Here we present how to perform the simulation studies in Zhang et al. (2022) for the beta regression, with and without rounding. We warn the readers that the code presented here may take time to run on a personal computer. Indeed, for the paper, the computations were performed on the “Baobab” and “Yggdrasil” HPC clusters provided by the University of Geneva.
We use the following setting for the beta regression, with and without rounding.
# packages
library(IBpaper)
library(ib)
library(betareg)
# simulation specifics
MC <- 1000 # number of simulations
n <- 2000 # sample size
p <- 300 # number of coefficients
# Non-zero coefficients:
# intercept is -0.5
beta_nz <- c(-.5,rep(1,5),rep(-1.5,5),rep(2,5))
# Coefficients:
beta <- c(beta_nz,rep(0,p-15))
gamma <- 5 # precision parameter
theta <- c(beta,gamma)
# seeds for random number generator
set.seed(895724)
seed <- vector("list",3)
seed$process <- sample.int(1e7,MC) # for the response
seed$design <- sample.int(1e7,MC) # for the design
seed$ib <- sample.int(1e7,MC) # for the iterative bootstrap
# IB specifics
H <- 200 # number of simulated estimators
bbc_control <- ibControl(H=H, maxit=1L, constraint=FALSE) # control for bootstrap bias correction (BBC)

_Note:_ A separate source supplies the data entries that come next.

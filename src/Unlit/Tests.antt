-- ===== src/Unlit/Tests.antt =====
-- utils/unlit/unlit.c: runs on small scripts, and the theorems at these.
use mathlib.Core.Bool.{false≢true}
use ghc_xapp_fix.Prelude.{
  ap, Bool, All, ℕ, ◌≡◌, refl, true, false, none, some, List, [], ◌∷◌, ◌++◌, length, arith,
}
use ghc_xapp_fix.Unlit.{
  newline, Line, hash, shebang, Read, Done, egetc, getc, to_line_end, readline, read_from,
  read_text, copy_line, skip_white, read_comment, read_buf, trim, open_input, note_line, go_on,
  finish, unlit_loop, unlit,
}
use ghc_xapp_fix.Unlit.Tabs.{line_of, drop_line, expand, line_text, spaces}
use ghc_xapp_fix.Unlit.Comments.{strip_left, comment_kind}
use ghc_xapp_fix.Unlit.Lines.{line_kind, ReadsLine, readline-ReadsLine}
use ghc_xapp_fix.Unlit.Script.{IsOrdinary, lines_of, newlines}
use ghc_xapp_fix.Unlit.Count.{newlines-unlit}
use ghc_xapp_fix.Unlit.Options.{defaults, set_flag, set_flags}
use ghc_xapp_fix.Unlit.Total.{unlit-Stops}
use ghc_xapp_fix.Unlit.Sharp.{readline-sharp}

-- a line of program with a tab, a blank line and a line of text
abbrev script : List ℕ
script = b'>' ∷ b'\t' ∷ b'x' ∷ newline ∷ newline ∷ b'a' ∷ newline ∷ []

script_output :
    (d : Done) × (unlit defaults script ≡ some d)
    × (d.state.written ≡ spaces 8 ++ b'x' ∷ newline ∷ newline ∷ newline ∷ [])
unfolding unlit unlit_loop readline read_from read_text copy_line skip_white read_comment read_buf
    trim egetc getc to_line_end note_line go_on finish spaces
script_output = (_, refl, refl)

readline-ReadsLine_example :
    ReadsLine defaults (open_input script) (readline defaults (open_input script))
unfolding line_text spaces line_of expand
readline-ReadsLine_example =
    readline-ReadsLine defaults refl refl (open_input script) (λ e. omega (arith, ap length e))
      (λ e. omega (arith, ap length e))

abbrev is_shebang : Line → Bool
is_shebang shebang = true
is_shebang _ = false

abbrev first : List ℕ → ℕ
first [] = 0
first (c ∷ cs) = c

script-IsOrdinary : All IsOrdinary (lines_of script)
unfolding lines_of line_of expand spaces line_kind strip_left comment_kind trim
script-IsOrdinary = (
  (λ e. omega (arith, ap length e), λ e. false≢true (ap is_shebang e), omega arith),
  (
    (λ e. omega (arith, ap length e), λ e. false≢true (ap is_shebang e), omega arith),
    ((λ e. omega (arith, ap first e), λ e. false≢true (ap is_shebang e), omega arith), tt),
  ),
)

newlines-unlit_example :
    (d : Done) × (unlit defaults script ≡ some d)
    × (d.exited ≡ false → newlines d.state.written ≡ length (lines_of script))
newlines-unlit_example = newlines-unlit defaults refl refl refl script script-IsOrdinary

readline-sharp_example :
    (r : Read) × (readline defaults (open_input (b'#' ∷ newline ∷ script)) ≡ some r)
    × (r.line ≡ hash)
    × (r.written ≡ b'#' ∷ newline ∷ expand 0 (line_of script) ++ newline ∷ [])
    × (r.input.rest ≡ drop_line script)
readline-sharp_example = readline-sharp defaults script refl refl

unlit-Stops_example : (d : Done) × (unlit defaults script ≡ some d)
unlit-Stops_example = unlit-Stops defaults script

-- `unlit -q -c f g`
abbrev quiet_crunch : List (List ℕ)
quiet_crunch = (b'-' ∷ b'q' ∷ []) ∷ (b'-' ∷ b'c' ∷ []) ∷ []

quiet_flags :
    set_flags defaults quiet_crunch ≡ some (record defaults { noisy = false; crunchnl = true })
unfolding set_flags set_flag
quiet_flags = refl

no_flag : set_flag (record defaults { noisy = false; crunchnl = true }) (b'f' ∷ []) ≡ none
unfolding set_flag
no_flag = refl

ib_control <- ibControl(H=H, maxit=50L, constraint=FALSE) # control for iterative bootstrap (IB)
Here is the code for the simulation of the beta regression computed on the actual responses without rounding.
# For saving the results
res <- list(mle = matrix(ncol=p+2,nrow=MC),
bbc = matrix(ncol=p+2,nrow=MC),
jini = matrix(ncol=p+2,nrow=MC))
for(m in 1:MC){
##------- simulate the process ---------
set.seed(seed$process[m]) # set the seed
x <- matrix(rnorm(n*p, sd = p^(-.5)), nrow = n) # simulate the design
betareg_object <- make_betareg(x, theta) # see ?make_betareg
# simulate beta responses
y <- simulation(betareg_object,
control = list(seed=seed$process[m]))
##------ MLE estimation ----------------
# Note: here the MLE is the initial estimator
fit_mle <- NULL
try(fit_mle <- betareg(y ~ x), silent=T)
if(is.null(fit_mle)) next
res$mle[m,] <- coef(fit_mle)
##------ Bootstrap bias correction -----
bbc_control$seed <- seed$ib[m] # update the seed
fit_bbc <- ib(fit_mle, control = bbc_control) # compute BBC , see ? ib::ib for more details
res$bbc[m,] <- getEst(fit_bbc) # retrieve estimator
##------ IB bias correction ------------
ib_control$seed <- seed$ib[m] # update the seed
fit_jini <- ib(fit_mle, control = ib_control) # compute IB
res$jini[m,] <- getEst(fit_jini) # retrieve estimator
# getIteration(fit_jini), if one wants to retrieve the number of iterations
# print the iteration
cat(m,"\n")
}
We first need to specify the rounding mechanism, i.e. how the responses are rounded.
# Function to simulate responses with rounding
# see ?ib::simulation and ?ib::control for more details
rounding <- function(object, control, extra=NULL){
simulate_betareg <- getFromNamespace("simulate_betareg", ns = "ib")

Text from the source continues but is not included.